• Information shown:

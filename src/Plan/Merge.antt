-- ===== src/Plan/Merge.antt =====
-- `merge_plans_after` and `merge_cows` of src/scheduler/dependencies.rs are unions of plans.
use reactor_rs.Common.{
  ◌≡◌, ◌≤◌, ◌<◌, refl, Option, none, some, [], ◌∷◌, Bool, true, false, ◌&&◌, ◌||◌, arith, ltb, leb,
  Bool-cases, inl, inr, tests,
}
use reactor_rs.Common.Ord.{nat_ord}
use reactor_rs.Ids.{GlobalReactionId}
use reactor_rs.Level.{Level}
use reactor_rs.VecMap.Sorted.{IsSorted}
use reactor_rs.VecMap.Reference.{lookup}
use reactor_rs.Plan.{
  ExecutableReactions, LevelIx, Cow, borrowed, owned, deref, ReactionPlan, max_level, merge_both,
  merge_plans_after, merge_cows, absorb_after,
}
use reactor_rs.Plan.Has.{has, IsPlan, has-found_in, absorb_after_lem}
use mathlib.Core.Option

-- A plan of the scheduler: perhaps absent, owned or borrowed.
unfoldable pub runs : ReactionPlan → LevelIx → GlobalReactionId → Bool
runs none level id = false
runs (some plan) level id = has (deref plan) level id

abbrev pub IsReactionPlan : ReactionPlan → Type 0
IsReactionPlan none = Unit
IsReactionPlan (some plan) = IsPlan (deref plan)

last_above :
    (j : LevelIx) (l' : Level) (m : ExecutableReactions)
    → IsSorted ((j, l') ∷ m)
    → j ≤ max_level ((j, l') ∷ m)
unfolding max_level
last_above j l' [] s = omega arith
last_above j l' ((i, l'') ∷ m) s = ground (arith, last_above i l'' m s.1)

lookup_beyond :
    (m : ExecutableReactions) (level : LevelIx)
    → IsSorted m
    → max_level m < level
    → lookup m level ≡ none
unfolding lookup max_level
lookup_beyond [] level s h = refl
lookup_beyond ((k, l) ∷ []) level s h = ground arith
lookup_beyond ((k, l) ∷ (j, l') ∷ m) level s h =
    ground (arith, lookup_beyond ((j, l') ∷ m) level s.1, last_above j l' m s.1)

-- A plan whose greatest level is below a level runs nothing there.
pub has_beyond :
    (m : ExecutableReactions) (min level : LevelIx) (id : GlobalReactionId)
    → IsPlan m
    → ltb (max_level m) min ≡ true
    → leb min level ≡ true
    → has m level id ≡ false
has_beyond m min level id p h k =
    ground (arith, has-found_in m level id p.sorted, lookup_beyond m level p.sorted (omega tests))

abbrev IsUnion : ReactionPlan → ReactionPlan → LevelIx → Option ReactionPlan → Type 0
IsUnion x y min result =
    (merged : ReactionPlan) × (result ≡ some merged)
    × IsReactionPlan merged
    × ((level : LevelIx) (id : GlobalReactionId)
        → (leb min level && runs merged level id)
          ≡ (leb min level && (runs x level id || runs y level id)))

module _ (x y : ExecutableReactions) (min : LevelIx) (p : IsPlan x) (q : IsPlan y) where
  absorbed :
      (a b : Cow ExecutableReactions)
      → deref a ≡ x
      → deref b ≡ y
      → IsUnion (some a) (some b) min (Option.map (λ r. some (owned r)) (absorb_after x y min))
  unfolding runs
  absorbed a b e f =
      let (merged, done, good, same) = absorb_after_lem x y min p q in
      (some (owned merged), rw done, good, λ level id. ground (arith, same level id))

  absorbed_swapped :
      (a b : Cow ExecutableReactions)
      → deref a ≡ x
      → deref b ≡ y
      → IsUnion (some b) (some a) min (Option.map (λ r. some (owned r)) (absorb_after x y min))
  unfolding runs
  absorbed_swapped a b e f =
      let (merged, done, good, same) = absorb_after_lem x y min p q in
      (some (owned merged), rw done, good, λ level id. ground (arith, same level id))

merge_both_lem :
    (x y : Cow ExecutableReactions) (min : LevelIx)
    → IsPlan (deref x)
    → IsPlan (deref y)
    → IsUnion (some x) (some y) min (merge_both x y min)
unfolding merge_both
merge_both_lem (owned x) y min p q = absorbed x (deref y) min p q (owned x) y refl refl
merge_both_lem (borrowed x) (owned y) min p q =
    absorbed_swapped y x min q p (owned y) (borrowed x) refl refl
merge_both_lem (borrowed x) (borrowed y) min p q =
    elim (Bool-cases (ltb (max_level y) (max_level x))) [
      | inl less ↦ rw less (absorbed_swapped y x min q p (borrowed y) (borrowed x) refl refl)
      | inr more ↦ rw more (absorbed x y min p q (borrowed x) (borrowed y) refl refl)
    ]

-- Merging two well-formed plans, absent, owned or borrowed, does not panic and ends in a
-- well-formed plan, which from the given level on runs at each level what either of the two runs
-- there.
pub merge_plans_after_lem :
    (x y : ReactionPlan) (min : LevelIx)
    → IsReactionPlan x
    → IsReactionPlan y
    → (merged : ReactionPlan) × (merge_plans_after x y min ≡ some merged)
      × IsReactionPlan merged
      × ((level : LevelIx) (id : GlobalReactionId)
          → (leb min level && runs merged level id)
            ≡ (leb min level && (runs x level id || runs y level id)))
unfolding merge_plans_after runs
merge_plans_after_lem none y min p q = (y, refl, q, λ level id. ground arith)
merge_plans_after_lem (some x) none min p q = (some x, refl, p, λ level id. ground arith)
merge_plans_after_lem (some x) (some y) min p q =
    elim (Bool-cases (ltb (max_level (deref x)) min)) [
      | inl low ↦
          rw low
            (some y, refl, q, λ level id. ground (arith, has_beyond (deref x) min level id p low))
      | inr high ↦ rw high (elim (Bool-cases (ltb (max_level (deref y)) min)) [
        | inl low ↦
            rw low
              (some x, refl, p, λ level id. ground (arith, has_beyond (deref y) min level id q low))
        | inr both ↦ rw both (merge_both_lem x y min p q)
      ])
    ]

-- `merge_cows` of well-formed plans runs at every level what either of the two runs there.
pub merge_cows_lem :
    (x y : ReactionPlan)
    → IsReactionPlan x
    → IsReactionPlan y
    → (merged : ReactionPlan) × (merge_cows x y ≡ some merged)
      × IsReactionPlan merged
      × ((level : LevelIx) (id : GlobalReactionId)
          → runs merged level id ≡ (runs x level id || runs y level id))
unfolding merge_cows
merge_cows_lem x y p q =
    let (merged, done, good, same) = merge_plans_after_lem x y 0 p q in
    (merged, done, good, λ level id. ground (arith, same level id))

• Aim of the task:
What's wanted is a faithful copy of each entry above.

• Output:
filename src/Plan/Merge.antt
-- ===== src/Plan/Merge.antt =====
-- `merge_plans_after` and `merge_cows` of src/scheduler/dependencies.rs are unions of plans.
use reactor_rs.Common.{
  ◌≡◌, ◌≤◌, ◌<◌, refl, Option, none, some, [], ◌∷◌, Bool, true, false, ◌&&◌, ◌||◌, arith, ltb, leb,
  Bool-cases, inl, inr, tests,
}
use reactor_rs.Common.Ord.{nat_ord}
use reactor_rs.Ids.{GlobalReactionId}
use reactor_rs.Level.{Level}
use reactor_rs.VecMap.Sorted.{IsSorted}
use reactor_rs.VecMap.Reference.{lookup}
use reactor_rs.Plan.{
  ExecutableReactions, LevelIx, Cow, borrowed, owned, deref, ReactionPlan, max_level, merge_both,
  merge_plans_after, merge_cows, absorb_after,
}
use reactor_rs.Plan.Has.{has, IsPlan, has-found_in, absorb_after_lem}
use mathlib.Core.Option

-- A plan of the scheduler: perhaps absent, owned or borrowed.
unfoldable pub runs : ReactionPlan → LevelIx → GlobalReactionId → Bool
runs none level id = false
runs (some plan) level id = has (deref plan) level id

abbrev pub IsReactionPlan : ReactionPlan → Type 0
IsReactionPlan none = Unit
IsReactionPlan (some plan) = IsPlan (deref plan)

last_above :
    (j : LevelIx) (l' : Level) (m : ExecutableReactions)
    → IsSorted ((j, l') ∷ m)
    → j ≤ max_level ((j, l') ∷ m)
unfolding max_level
last_above j l' [] s = omega arith
last_above j l' ((i, l'') ∷ m) s = ground (arith, last_above i l'' m s.1)

lookup_beyond :
    (m : ExecutableReactions) (level : LevelIx)
    → IsSorted m
    → max_level m < level
    → lookup m level ≡ none
unfolding lookup max_level
lookup_beyond [] level s h = refl
lookup_beyond ((k, l) ∷ []) level s h = ground arith
lookup_beyond ((k, l) ∷ (j, l') ∷ m) level s h =
    ground (arith, lookup_beyond ((j, l') ∷ m) level s.1, last_above j l' m s.1)

-- A plan whose greatest level is below a level runs nothing there.
pub has_beyond :
    (m : ExecutableReactions) (min level : LevelIx) (id : GlobalReactionId)
    → IsPlan m
    → ltb (max_level m) min ≡ true
    → leb min level ≡ true
    → has m level id ≡ false
has_beyond m min level id p h k =
    ground (arith, has-found_in m level id p.sorted, lookup_beyond m level p.sorted (omega tests))

abbrev IsUnion : ReactionPlan → ReactionPlan → LevelIx → Option ReactionPlan → Type 0
IsUnion x y min result =
    (merged : ReactionPlan) × (result ≡ some merged)
    × IsReactionPlan merged
    × ((level : LevelIx) (id : GlobalReactionId)
        → (leb min level && runs merged level id)
          ≡ (leb min level && (runs x level id || runs y level id)))

module _ (x y : ExecutableReactions) (min : LevelIx) (p : IsPlan x) (q : IsPlan y) where
  absorbed :
      (a b : Cow ExecutableReactions)
      → deref a ≡ x
      → deref b ≡ y
      → IsUnion (some a) (some b) min (Option.map (λ r. some (owned r)) (absorb_after x y min))
  unfolding runs
  absorbed a b e f =
      let (merged, done, good, same) = absorb_after_lem x y min p q in
      (some (owned merged), rw done, good, λ level id. ground (arith, same level id))

  absorbed_swapped :
      (a b : Cow ExecutableReactions)
      → deref a ≡ x
      → deref b ≡ y
      → IsUnion (some b) (some a) min (Option.map (λ r. some (owned r)) (absorb_after x y min))
  unfolding runs
  absorbed_swapped a b e f =
      let (merged, done, good, same) = absorb_after_lem x y min p q in
      (some (owned merged), rw done, good, λ level id. ground (arith, same level id))

merge_both_lem :
    (x y : Cow ExecutableReactions) (min : LevelIx)
    → IsPlan (deref x)
    → IsPlan (deref y)
    → IsUnion (some x) (some y) min (merge_both x y min)
unfolding merge_both
merge_both_lem (owned x) y min p q = absorbed x (deref y) min p q (owned x) y refl refl
merge_both_lem (borrowed x) (owned y) min p q =
    absorbed_swapped y x min q p (owned y) (borrowed x) refl refl
merge_both_lem (borrowed x) (borrowed y) min p q =
    elim (Bool-cases (ltb (max_level y) (max_level x))) [
      | inl less ↦ rw less (absorbed_swapped y x min q p (borrowed y) (borrowed x) refl refl)
      | inr more ↦ rw more (absorbed x y min p q (borrowed x) (borrowed y) refl refl)
    ]

-- Merging two well-formed plans, absent, owned or borrowed, does not panic and ends in a
-- well-formed plan, which from the given level on runs at each level what either of the two runs
-- there.
pub merge_plans_after_lem :
    (x y : ReactionPlan) (min : LevelIx)
    → IsReactionPlan x
    → IsReactionPlan y
    → (merged : ReactionPlan) × (merge_plans_after x y min ≡ some merged)
      × IsReactionPlan merged
      × ((level : LevelIx) (id : GlobalReactionId)
          → (leb min level && runs merged level id)
            ≡ (leb min level && (runs x level id || runs y level id)))
unfolding merge_plans_after runs
merge_plans_after_lem none y min p q = (y, refl, q, λ level id. ground arith)
merge_plans_after_lem (some x) none min p q = (some x, refl, p, λ level id. ground arith)
merge_plans_after_lem (some x) (some y) min p q =
    elim (Bool-cases (ltb (max_level (deref x)) min)) [
      | inl low ↦
          rw low
            (some y, refl, q, λ level id. ground (arith, has_beyond (deref x) min level id p low))
      | inr high ↦ rw high (elim (Bool-cases (ltb (max_level (deref y)) min)) [
        | inl low ↦
            rw low
              (some x, refl, p, λ level id. ground (arith, has_beyond (deref y) min level id q low))
        | inr both ↦ rw both (merge_both_lem x y min p q)
      ])
    ]

-- `merge_cows` of well-formed plans runs at every level what either of the two runs there.
pub merge_cows_lem :
    (x y : ReactionPlan)
    → IsReactionPlan x
    → IsReactionPlan y
    → (merged : ReactionPlan) × (merge_cows x y ≡ some merged)
      × IsReactionPlan merged
      × ((level : LevelIx) (id : GlobalReactionId)
          → runs merged level id ≡ (runs x level id || runs y level id))
unfolding merge_cows
merge_cows_lem x y p q =
    let (merged, done, good, same) = merge_plans_after_lem x y 0 p q in
    (merged, done, good, λ level id. ground (arith, same level id))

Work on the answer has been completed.